Mais Nicolás Maduro, qui doit bien savoir lire les sondages lui aussi, ne veut pas soumettre sa présidence au vote populaire. Jeudi, la commission électorale qui devait recevoir 1,8 million de signatures réclamant la tenue d'une consultation populaire sur la destitution du président a fini par annuler sa réunion.

Et hier, des Vénézuéliens ont manifesté un peu partout au pays en criant : « J'ai faim. »

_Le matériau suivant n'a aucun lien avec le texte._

-- ===== src/Recovery/Journal/Layout.antt =====
-- Where the parts of an encoded frame of crates/uf-daemon/src/ddr_recovery_journal.rs lie.
use uflow.Prelude.{
  ℕ, ◌+◌, ◌-◌, ◌^◌, ◌≤◌, ◌<◌, ◌≡◌, refl, sym, ap, ◌∙◌, List, ◌++◌, length, take, drop, drop-add,
  take-append, drop-append, append_assoc, length-append, arith, u64_mod,
}
use uflow.Bridge.Wire.{to_be_bytes}
use uflow.Bridge.Reads.{length-to_be_bytes, from_be_bytes-to_be_bytes}
use uflow.Recovery.Journal.Checksum.{crc64, crc64_below}
use uflow.Recovery.Journal.Frame.{
  Kind, kind_code, frame_magic, end_magic, format_version, checked_bytes, encoded_bytes,
  max_payload,
}
use uflow.Recovery.Journal.Scan.{slice, number_at}

module _ (bytes : List ℕ) where
  -- After a part of a known length begins the next one.
  next_part :
      (n m : ℕ) (part others : List ℕ)
      → drop n bytes ≡ part ++ others
      → length part ≡ m
      → drop (n + m) bytes ≡ others
  next_part n m part others here size =
      drop-add n m bytes ∙ ap (drop m) here ∙ rw (sym size) (drop-append part others)

  part_here :
      (n m : ℕ) (part others : List ℕ)
      → drop n bytes ≡ part ++ others
      → length part ≡ m
      → slice n (n + m) bytes ≡ part
  part_here n m part others here size = rw (cancel_add, here, sym size) (take-append part others)
    where
      cancel_add : n + m - n ≡ m
      cancel_add = omega arith

  number_here :
      (n k value : ℕ) (others : List ℕ)
      → drop n bytes ≡ to_be_bytes k value ++ others
      → value < 256 ^ k
      → number_at n (n + k) bytes ≡ value
  number_here n k value others here small =
      rw (part_here n k (to_be_bytes k value) others here (length-to_be_bytes k value))
        (from_be_bytes-to_be_bytes k value small)

-- The parts of a frame, read from the front of `bytes`.
pub record Parts (bytes : List ℕ) (kind : Kind) (sequence previous : ℕ) (payload : List ℕ)
    : Type 0 where
  pub magic : take 4 bytes ≡ frame_magic
  pub version : number_at 4 6 bytes ≡ format_version
  pub code : number_at 6 8 bytes ≡ kind_code kind
  pub number : number_at 8 16 bytes ≡ sequence
  pub chain : number_at 16 24 bytes ≡ previous
  pub size : number_at 24 28 bytes ≡ length payload
  pub body : slice 28 (28 + length payload) bytes ≡ payload
  pub checksum :
      number_at (28 + length payload) (28 + length payload + 8) bytes
      ≡ crc64 (checked_bytes kind sequence previous payload)
  pub ending : slice (28 + length payload + 8) (28 + length payload + 12) bytes ≡ end_magic
  pub checked : take (28 + length payload) bytes ≡ checked_bytes kind sequence previous payload

module _ (kind : Kind) (sequence previous : ℕ) (payload : List ℕ) where
  pub length-checked_bytes :
      length (checked_bytes kind sequence previous payload) ≡ 28 + length payload
  unfolding checked_bytes
  length-checked_bytes =
      let version = to_be_bytes 2 format_version in
      let code = to_be_bytes 2 (kind_code kind) in
      let number = to_be_bytes 8 sequence in
      let chain = to_be_bytes 8 previous in
      let size = to_be_bytes 4 (length payload) in
      omega (
        arith,
        length-append version (code ++ (number ++ (chain ++ (size ++ payload)))),
        length-append code (number ++ (chain ++ (size ++ payload))),
        length-append number (chain ++ (size ++ payload)),
        length-append chain (size ++ payload),
        length-append size payload,
        length-to_be_bytes 2 format_version,
        length-to_be_bytes 2 (kind_code kind),
        length-to_be_bytes 8 sequence,
        length-to_be_bytes 8 previous,
        length-to_be_bytes 4 (length payload),
      )

  pub length-encoded_bytes :
      length (encoded_bytes kind sequence previous payload) ≡ 40 + length payload
  unfolding encoded_bytes
  length-encoded_bytes =
      let covered = checked_bytes kind sequence previous payload in
      omega (
        arith,
        length-append covered (to_be_bytes 8 (crc64 covered) ++ end_magic),
        length-append (to_be_bytes 8 (crc64 covered)) end_magic,
        length-to_be_bytes 8 (crc64 covered),
        length-checked_bytes,
      )

  module _ (rest : List ℕ) where
    abbrev after_checked : List ℕ
    after_checked =
        to_be_bytes 8 (crc64 (checked_bytes kind sequence previous payload)) ++ (end_magic ++ rest)

    -- The frame and what follows, as one chain of parts.
    regrouped :
        encoded_bytes kind sequence previous payload ++ rest
        ≡ checked_bytes kind sequence previous payload ++ after_checked
    unfolding encoded_bytes
    regrouped = simp append_assoc

    unchecked :
        checked_bytes kind sequence previous payload ++ after_checked
        ≡ frame_magic
          ++ (to_be_bytes 2 format_version
              ++ (to_be_bytes 2 (kind_code kind)
                  ++ (to_be_bytes 8 sequence
                      ++ (to_be_bytes 8 previous
                          ++ (to_be_bytes 4 (length payload) ++ (payload ++ after_checked))))))
    unfolding checked_bytes
    unchecked = simp append_assoc

    pub encoded-Parts :
        sequence < u64_mod
        → previous < u64_mod
        → length payload ≤ max_payload
        → Parts
            (encoded_bytes kind sequence previous payload ++ rest)
            kind
            sequence
            previous
            payload
    encoded-Parts small_number small_chain small_size =
        let bytes = encoded_bytes kind sequence previous payload ++ rest in
        let tail = payload ++ after_checked in
        let size = to_be_bytes 4 (length payload) ++ tail in
        let chain = to_be_bytes 8 previous ++ size in
        let number = to_be_bytes 8 sequence ++ chain in
        let code = to_be_bytes 2 (kind_code kind) ++ number in
        let version = to_be_bytes 2 format_version ++ code in
        let whole = regrouped ∙ unchecked in
        let at_version = ap (drop 4) whole in
        let at_code =
          next_part bytes 4 2 (to_be_bytes 2 format_version) code at_version
            (length-to_be_bytes 2 1) in
        let at_number =
          next_part bytes 6 2 (to_be_bytes 2 (kind_code kind)) number at_code
            (length-to_be_bytes 2 (kind_code kind)) in
        let at_chain =
          next_part bytes 8 8 (to_be_bytes 8 sequence) chain at_number
            (length-to_be_bytes 8 sequence) in
        let at_size =
          next_part bytes 16 8 (to_be_bytes 8 previous) size at_chain
            (length-to_be_bytes 8 previous) in
        let at_body =
          next_part bytes 24 4 (to_be_bytes 4 (length payload)) tail at_size
            (length-to_be_bytes 4 (length payload)) in
        let at_checksum = next_part bytes 28 (length payload) payload after_checked at_body refl in
        let sum = crc64 (checked_bytes kind sequence previous payload) in
        let at_ending =
          next_part bytes (28 + length payload) 8 (to_be_bytes 8 sum) (end_magic ++ rest)
            at_checksum (length-to_be_bytes 8 sum) in
        record {
          magic = ap (take 4) whole;
          version = number_here bytes 4 2 format_version code at_version (omega arith);
          code = number_here bytes 6 2 (kind_code kind) number at_code (code_below kind);
          number = number_here bytes 8 8 sequence chain at_number small_number;
          chain = number_here bytes 16 8 previous size at_chain small_chain;
          size = number_here bytes 24 4 (length payload) tail at_size (omega arith);
          body = part_here bytes 28 (length payload) payload after_checked at_body refl;
          checksum =
              number_here bytes (28 + length payload) 8 sum (end_magic ++ rest) at_checksum
                (crc64_below (checked_bytes kind sequence previous payload));
          ending =
              rw end_at (part_here bytes (28 + length payload + 8) 4 end_magic rest at_ending refl);
          checked =
              ap (take (28 + length payload)) regrouped
              ∙ rw (sym length-checked_bytes)
                  (take-append (checked_bytes kind sequence previous payload) after_checked);
        }
      where
        end_at : 28 + length payload + 12 ≡ 28 + length payload + 8 + 4
        end_at = omega arith

        code_below : (k : Kind) → kind_code k < 256 ^ 2
        code_below k = ground arith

La crise vénézuélienne « est un désastre politique et économique », résume Graciela Ducatenzeiler, spécialiste de l'Amérique latine à l'Université de Montréal. Elle rappelle que l'opposition, qui a remporté les deux tiers des suffrages en décembre dernier, se trouve complètement paralysée. « Maduro bloque toutes les décisions du pouvoir législatif. »

Résultat : ce pays de 30 millions d'habitants, assis sur les plus riches réserves pétrolières de la planète, est en train de se déliter devant nos yeux. Et cette dégringolade, c'est l'un des legs de la « révolution bolivarienne » qui n'a pas profité des années des vaches grasses pour investir dans le développement du pays et le rendre moins dépendant de ses voisins.

C'est comme dans la fable de La Fontaine : la cigale vénézuélienne se trouve aujourd'hui fort dépourvue. Et son président, s'accrochant au pouvoir contre vents et marées, n'est plus qu'un potentat autoritaire, sans le charisme ni les moyens de son illustre prédécesseur.